WHAT IS BEING ASKED: A verbatim copy of each record is required.

(Collected data entries)

****

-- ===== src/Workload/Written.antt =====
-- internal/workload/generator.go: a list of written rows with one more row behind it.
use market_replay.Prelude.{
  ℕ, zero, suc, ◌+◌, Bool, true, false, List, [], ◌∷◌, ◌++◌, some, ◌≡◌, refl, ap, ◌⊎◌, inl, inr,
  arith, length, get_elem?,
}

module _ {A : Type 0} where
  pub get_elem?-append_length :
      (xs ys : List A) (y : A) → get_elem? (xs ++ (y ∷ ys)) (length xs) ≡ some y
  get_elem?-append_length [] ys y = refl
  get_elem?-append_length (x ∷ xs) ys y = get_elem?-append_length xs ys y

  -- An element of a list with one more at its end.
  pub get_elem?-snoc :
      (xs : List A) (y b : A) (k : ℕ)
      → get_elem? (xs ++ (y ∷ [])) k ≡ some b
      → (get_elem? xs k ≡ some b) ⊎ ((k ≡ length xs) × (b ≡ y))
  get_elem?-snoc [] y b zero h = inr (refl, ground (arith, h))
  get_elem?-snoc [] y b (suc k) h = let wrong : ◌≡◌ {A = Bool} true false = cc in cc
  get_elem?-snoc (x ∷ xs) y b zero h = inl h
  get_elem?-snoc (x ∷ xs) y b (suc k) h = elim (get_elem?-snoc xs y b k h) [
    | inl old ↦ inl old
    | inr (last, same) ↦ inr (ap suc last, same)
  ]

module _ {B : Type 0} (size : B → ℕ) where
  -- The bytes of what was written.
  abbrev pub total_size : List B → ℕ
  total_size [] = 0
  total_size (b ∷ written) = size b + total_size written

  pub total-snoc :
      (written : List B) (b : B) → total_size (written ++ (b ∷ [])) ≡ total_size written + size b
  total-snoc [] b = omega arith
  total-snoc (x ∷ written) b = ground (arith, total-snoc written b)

****

ANSWER SPACE:
-- ===== src/Workload/Written.antt =====
-- internal/workload/generator.go: a list of written rows with one more row behind it.
use market_replay.Prelude.{
  ℕ, zero, suc, ◌+◌, Bool, true, false, List, [], ◌∷◌, ◌++◌, some, ◌≡◌, refl, ap, ◌⊎◌, inl, inr,
  arith, length, get_elem?,
}

module _ {A : Type 0} where
  pub get_elem?-append_length :
      (xs ys : List A) (y : A) → get_elem? (xs ++ (y ∷ ys)) (length xs) ≡ some y
  get_elem?-append_length [] ys y = refl
  get_elem?-append_length (x ∷ xs) ys y = get_elem?-append_length xs ys y

  -- An element of a list with one more at its end.
  pub get_elem?-snoc :
      (xs : List A) (y b : A) (k : ℕ)
      → get_elem? (xs ++ (y ∷ [])) k ≡ some b
      → (get_elem? xs k ≡ some b) ⊎ ((k ≡ length xs) × (b ≡ y))
  get_elem?-snoc [] y b zero h = inr (refl, ground (arith, h))
  get_elem?-snoc [] y b (suc k) h = let wrong : ◌≡◌ {A = Bool} true false = cc in cc
  get_elem?-snoc (x ∷ xs) y b zero h = inl h
  get_elem?-snoc (x ∷ xs) y b (suc k) h = elim (get_elem?-snoc xs y b k h) [
    | inl old ↦ inl old
    | inr (last, same) ↦ inr (ap suc last, same)
  ]

module _ {B : Type 0} (size : B → ℕ) where
  -- The bytes of what was written.
  abbrev pub total_size : List B → ℕ
  total_size [] = 0
  total_size (b ∷ written) = size b + total_size written

  pub total-snoc :
      (written : List B) (b : B) → total_size (written ++ (b ∷ [])) ≡ total_size written + size b
  total-snoc [] b = omega arith
  total-snoc (x ∷ written) b = ground (arith, total-snoc written b)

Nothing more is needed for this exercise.